Work instruction »
Count every line of the data that includes "same". State only the number.
##### Exercise input #####
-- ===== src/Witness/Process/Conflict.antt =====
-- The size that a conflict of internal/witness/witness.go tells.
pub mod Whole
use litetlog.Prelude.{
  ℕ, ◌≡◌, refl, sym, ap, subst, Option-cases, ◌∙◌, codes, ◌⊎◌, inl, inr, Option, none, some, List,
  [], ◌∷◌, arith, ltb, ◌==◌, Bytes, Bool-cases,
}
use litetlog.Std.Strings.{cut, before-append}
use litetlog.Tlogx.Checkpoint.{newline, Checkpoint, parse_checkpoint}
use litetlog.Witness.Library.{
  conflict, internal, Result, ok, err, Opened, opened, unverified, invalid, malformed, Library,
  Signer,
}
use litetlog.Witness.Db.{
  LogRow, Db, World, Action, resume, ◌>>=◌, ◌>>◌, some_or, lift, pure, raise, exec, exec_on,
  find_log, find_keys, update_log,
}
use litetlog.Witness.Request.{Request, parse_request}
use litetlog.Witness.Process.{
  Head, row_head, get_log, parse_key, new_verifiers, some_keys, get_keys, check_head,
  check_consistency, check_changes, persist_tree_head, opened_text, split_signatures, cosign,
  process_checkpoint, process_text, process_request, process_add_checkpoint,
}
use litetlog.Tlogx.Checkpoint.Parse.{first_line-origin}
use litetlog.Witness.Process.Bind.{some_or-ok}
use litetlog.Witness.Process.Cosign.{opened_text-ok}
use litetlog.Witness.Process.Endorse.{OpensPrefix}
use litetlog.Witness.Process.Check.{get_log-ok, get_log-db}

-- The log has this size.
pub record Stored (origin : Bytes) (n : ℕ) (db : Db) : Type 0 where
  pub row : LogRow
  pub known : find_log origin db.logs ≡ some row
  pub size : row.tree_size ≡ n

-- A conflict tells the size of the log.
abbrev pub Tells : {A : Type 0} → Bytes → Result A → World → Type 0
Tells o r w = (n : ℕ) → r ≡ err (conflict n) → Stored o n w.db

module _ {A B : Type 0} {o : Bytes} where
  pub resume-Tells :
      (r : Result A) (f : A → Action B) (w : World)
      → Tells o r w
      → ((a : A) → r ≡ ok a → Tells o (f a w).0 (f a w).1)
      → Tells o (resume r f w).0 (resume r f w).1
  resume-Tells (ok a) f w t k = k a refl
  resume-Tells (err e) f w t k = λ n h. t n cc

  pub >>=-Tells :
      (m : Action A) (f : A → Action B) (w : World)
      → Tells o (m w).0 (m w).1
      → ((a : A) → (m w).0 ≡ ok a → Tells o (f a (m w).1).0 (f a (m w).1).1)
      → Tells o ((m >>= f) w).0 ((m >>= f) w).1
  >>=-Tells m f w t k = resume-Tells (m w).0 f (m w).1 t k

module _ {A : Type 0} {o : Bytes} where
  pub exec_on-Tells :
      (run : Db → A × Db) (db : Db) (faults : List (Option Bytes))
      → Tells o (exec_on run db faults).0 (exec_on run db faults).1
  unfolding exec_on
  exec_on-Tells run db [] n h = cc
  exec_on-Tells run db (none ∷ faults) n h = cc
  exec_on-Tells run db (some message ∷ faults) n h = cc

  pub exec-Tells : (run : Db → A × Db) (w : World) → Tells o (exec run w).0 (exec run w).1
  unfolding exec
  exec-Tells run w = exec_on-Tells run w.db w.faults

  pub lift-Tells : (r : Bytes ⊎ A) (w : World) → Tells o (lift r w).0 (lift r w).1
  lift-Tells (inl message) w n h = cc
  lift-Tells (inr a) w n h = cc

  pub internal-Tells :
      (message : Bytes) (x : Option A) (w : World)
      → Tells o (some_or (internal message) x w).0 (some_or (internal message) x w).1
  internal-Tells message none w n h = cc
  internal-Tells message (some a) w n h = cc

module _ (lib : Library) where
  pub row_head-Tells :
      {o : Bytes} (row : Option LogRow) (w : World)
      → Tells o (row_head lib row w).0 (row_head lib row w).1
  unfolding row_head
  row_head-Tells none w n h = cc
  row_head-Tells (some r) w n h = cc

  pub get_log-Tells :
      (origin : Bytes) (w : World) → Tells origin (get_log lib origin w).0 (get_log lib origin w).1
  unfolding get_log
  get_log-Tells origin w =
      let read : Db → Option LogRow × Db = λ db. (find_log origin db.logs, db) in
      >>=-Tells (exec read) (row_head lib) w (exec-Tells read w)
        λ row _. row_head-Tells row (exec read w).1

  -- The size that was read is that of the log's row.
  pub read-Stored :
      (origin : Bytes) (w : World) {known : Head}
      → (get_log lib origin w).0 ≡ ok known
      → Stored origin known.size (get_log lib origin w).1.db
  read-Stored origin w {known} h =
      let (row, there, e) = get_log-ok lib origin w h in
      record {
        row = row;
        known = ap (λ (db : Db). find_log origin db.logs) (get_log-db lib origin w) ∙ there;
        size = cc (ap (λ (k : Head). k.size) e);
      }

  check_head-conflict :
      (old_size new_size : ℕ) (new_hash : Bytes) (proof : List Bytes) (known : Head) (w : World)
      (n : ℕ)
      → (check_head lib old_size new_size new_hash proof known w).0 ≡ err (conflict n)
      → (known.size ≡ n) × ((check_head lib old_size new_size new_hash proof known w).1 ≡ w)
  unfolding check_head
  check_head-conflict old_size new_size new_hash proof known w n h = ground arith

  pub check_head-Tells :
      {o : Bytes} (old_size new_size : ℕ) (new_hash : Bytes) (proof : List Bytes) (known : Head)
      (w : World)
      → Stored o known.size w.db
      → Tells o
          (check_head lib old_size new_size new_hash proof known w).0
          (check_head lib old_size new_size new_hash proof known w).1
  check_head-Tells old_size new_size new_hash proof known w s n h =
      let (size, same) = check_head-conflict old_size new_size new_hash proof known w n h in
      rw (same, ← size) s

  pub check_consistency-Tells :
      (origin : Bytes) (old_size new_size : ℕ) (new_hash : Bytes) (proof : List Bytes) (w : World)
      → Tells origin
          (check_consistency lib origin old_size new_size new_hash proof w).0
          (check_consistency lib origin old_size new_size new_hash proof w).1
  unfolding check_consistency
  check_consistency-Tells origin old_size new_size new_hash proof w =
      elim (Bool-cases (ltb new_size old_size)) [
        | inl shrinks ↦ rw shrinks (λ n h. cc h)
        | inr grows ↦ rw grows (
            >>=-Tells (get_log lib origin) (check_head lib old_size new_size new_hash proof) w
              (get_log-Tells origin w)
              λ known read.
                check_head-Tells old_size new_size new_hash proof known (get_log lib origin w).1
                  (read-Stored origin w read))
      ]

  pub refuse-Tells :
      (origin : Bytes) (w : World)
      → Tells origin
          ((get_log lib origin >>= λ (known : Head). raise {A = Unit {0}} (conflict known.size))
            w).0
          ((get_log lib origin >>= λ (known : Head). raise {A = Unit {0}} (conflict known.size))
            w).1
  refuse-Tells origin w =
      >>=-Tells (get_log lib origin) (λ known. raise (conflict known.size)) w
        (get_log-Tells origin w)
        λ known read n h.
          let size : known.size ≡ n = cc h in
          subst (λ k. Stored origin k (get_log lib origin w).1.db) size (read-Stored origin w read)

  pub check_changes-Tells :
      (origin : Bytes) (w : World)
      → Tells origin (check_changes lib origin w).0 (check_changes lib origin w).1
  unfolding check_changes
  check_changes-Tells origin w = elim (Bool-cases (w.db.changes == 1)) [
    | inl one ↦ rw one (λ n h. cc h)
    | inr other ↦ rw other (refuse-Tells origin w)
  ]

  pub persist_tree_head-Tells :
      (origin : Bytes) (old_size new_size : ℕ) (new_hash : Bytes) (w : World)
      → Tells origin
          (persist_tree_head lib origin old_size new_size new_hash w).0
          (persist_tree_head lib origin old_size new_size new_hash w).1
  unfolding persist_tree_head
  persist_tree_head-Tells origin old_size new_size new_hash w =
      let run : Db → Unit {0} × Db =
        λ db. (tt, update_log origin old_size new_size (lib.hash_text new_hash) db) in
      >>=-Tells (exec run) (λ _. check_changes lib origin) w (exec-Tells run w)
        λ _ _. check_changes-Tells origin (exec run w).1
#####
##### Exercise input #####
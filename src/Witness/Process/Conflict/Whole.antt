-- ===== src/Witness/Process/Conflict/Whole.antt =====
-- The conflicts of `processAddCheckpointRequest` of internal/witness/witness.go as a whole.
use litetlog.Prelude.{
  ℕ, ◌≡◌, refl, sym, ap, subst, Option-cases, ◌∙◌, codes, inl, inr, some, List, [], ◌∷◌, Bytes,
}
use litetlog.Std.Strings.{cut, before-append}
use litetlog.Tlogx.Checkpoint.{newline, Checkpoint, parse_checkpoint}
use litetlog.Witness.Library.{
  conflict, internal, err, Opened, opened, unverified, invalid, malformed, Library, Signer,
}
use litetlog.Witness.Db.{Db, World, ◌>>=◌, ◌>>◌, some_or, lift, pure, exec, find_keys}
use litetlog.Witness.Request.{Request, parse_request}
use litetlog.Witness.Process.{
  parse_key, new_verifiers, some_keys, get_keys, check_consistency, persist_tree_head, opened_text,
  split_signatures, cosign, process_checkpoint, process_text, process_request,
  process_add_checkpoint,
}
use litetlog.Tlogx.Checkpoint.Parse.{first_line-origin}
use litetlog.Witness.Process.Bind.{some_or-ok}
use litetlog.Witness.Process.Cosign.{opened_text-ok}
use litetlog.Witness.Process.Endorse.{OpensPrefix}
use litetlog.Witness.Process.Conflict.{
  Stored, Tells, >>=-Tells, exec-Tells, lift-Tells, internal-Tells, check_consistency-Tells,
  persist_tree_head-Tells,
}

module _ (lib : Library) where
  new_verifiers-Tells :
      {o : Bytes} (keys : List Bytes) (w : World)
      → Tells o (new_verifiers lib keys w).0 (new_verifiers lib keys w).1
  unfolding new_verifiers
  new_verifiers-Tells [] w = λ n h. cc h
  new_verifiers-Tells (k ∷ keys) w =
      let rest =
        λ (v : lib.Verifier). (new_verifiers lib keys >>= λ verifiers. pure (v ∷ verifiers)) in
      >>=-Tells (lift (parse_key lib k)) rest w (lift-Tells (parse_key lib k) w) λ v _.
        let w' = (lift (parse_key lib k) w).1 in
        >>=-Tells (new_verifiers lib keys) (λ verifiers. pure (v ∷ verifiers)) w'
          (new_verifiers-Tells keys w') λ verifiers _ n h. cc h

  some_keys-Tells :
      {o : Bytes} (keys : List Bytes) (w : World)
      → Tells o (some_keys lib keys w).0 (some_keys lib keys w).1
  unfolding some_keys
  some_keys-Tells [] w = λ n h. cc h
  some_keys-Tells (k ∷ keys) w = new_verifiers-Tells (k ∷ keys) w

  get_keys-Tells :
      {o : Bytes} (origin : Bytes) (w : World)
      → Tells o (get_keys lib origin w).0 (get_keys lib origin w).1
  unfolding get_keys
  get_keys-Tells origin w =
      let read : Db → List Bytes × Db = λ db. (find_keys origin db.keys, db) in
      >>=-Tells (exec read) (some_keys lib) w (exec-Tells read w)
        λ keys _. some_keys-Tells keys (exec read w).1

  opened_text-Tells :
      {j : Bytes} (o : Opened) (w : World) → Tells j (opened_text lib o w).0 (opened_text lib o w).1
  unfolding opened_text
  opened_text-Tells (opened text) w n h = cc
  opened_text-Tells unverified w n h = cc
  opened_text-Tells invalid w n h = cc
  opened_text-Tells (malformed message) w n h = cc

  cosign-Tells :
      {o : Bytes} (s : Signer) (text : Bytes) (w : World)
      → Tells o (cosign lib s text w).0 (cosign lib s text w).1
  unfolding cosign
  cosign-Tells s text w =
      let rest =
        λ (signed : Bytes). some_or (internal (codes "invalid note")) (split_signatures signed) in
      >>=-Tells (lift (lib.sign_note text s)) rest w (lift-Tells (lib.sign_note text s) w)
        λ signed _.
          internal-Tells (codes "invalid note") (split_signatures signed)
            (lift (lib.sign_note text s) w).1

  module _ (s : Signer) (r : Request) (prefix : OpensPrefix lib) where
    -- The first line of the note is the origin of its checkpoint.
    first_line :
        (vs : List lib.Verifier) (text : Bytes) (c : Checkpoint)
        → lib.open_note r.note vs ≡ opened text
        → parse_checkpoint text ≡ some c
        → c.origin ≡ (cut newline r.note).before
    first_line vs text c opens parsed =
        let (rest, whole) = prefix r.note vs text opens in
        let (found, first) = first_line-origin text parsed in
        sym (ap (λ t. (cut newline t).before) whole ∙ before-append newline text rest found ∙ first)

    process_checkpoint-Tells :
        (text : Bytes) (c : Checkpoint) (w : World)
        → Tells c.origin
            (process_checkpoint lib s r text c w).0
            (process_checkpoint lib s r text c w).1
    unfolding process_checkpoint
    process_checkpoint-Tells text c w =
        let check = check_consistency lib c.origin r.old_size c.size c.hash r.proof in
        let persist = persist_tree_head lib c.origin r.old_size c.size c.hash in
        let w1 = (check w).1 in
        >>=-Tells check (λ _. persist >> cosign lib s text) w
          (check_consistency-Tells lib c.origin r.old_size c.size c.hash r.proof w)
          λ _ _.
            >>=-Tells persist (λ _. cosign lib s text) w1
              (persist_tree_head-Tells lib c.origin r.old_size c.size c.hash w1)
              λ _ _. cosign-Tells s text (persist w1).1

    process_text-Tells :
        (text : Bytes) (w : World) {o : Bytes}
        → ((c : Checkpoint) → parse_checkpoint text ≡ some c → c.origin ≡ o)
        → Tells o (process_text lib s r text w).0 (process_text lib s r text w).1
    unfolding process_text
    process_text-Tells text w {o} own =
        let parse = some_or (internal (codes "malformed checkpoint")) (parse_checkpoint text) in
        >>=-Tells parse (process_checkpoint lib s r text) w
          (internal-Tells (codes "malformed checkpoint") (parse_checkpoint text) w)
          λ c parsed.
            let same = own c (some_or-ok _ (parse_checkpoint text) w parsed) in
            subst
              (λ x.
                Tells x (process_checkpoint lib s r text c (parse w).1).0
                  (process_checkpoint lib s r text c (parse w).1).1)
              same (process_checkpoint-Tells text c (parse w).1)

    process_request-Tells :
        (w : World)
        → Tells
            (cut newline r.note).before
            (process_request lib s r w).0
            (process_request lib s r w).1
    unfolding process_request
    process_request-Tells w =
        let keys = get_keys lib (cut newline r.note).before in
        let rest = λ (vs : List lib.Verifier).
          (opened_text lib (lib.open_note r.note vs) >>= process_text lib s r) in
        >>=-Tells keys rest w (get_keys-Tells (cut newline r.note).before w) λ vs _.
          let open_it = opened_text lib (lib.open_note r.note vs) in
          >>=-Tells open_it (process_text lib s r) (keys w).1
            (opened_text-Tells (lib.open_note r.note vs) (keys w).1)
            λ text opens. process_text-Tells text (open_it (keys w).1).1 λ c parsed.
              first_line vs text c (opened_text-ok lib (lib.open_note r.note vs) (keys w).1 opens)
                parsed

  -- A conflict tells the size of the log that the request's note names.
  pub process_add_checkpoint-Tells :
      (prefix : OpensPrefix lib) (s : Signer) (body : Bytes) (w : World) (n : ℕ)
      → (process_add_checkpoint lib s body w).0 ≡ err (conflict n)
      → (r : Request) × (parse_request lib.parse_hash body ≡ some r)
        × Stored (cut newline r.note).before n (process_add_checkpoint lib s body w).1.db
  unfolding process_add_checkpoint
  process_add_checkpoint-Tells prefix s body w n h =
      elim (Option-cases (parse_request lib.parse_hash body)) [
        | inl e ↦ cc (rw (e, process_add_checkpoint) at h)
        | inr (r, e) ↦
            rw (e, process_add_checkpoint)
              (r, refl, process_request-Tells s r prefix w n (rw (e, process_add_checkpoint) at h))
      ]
#####
Solution to the exercise »
4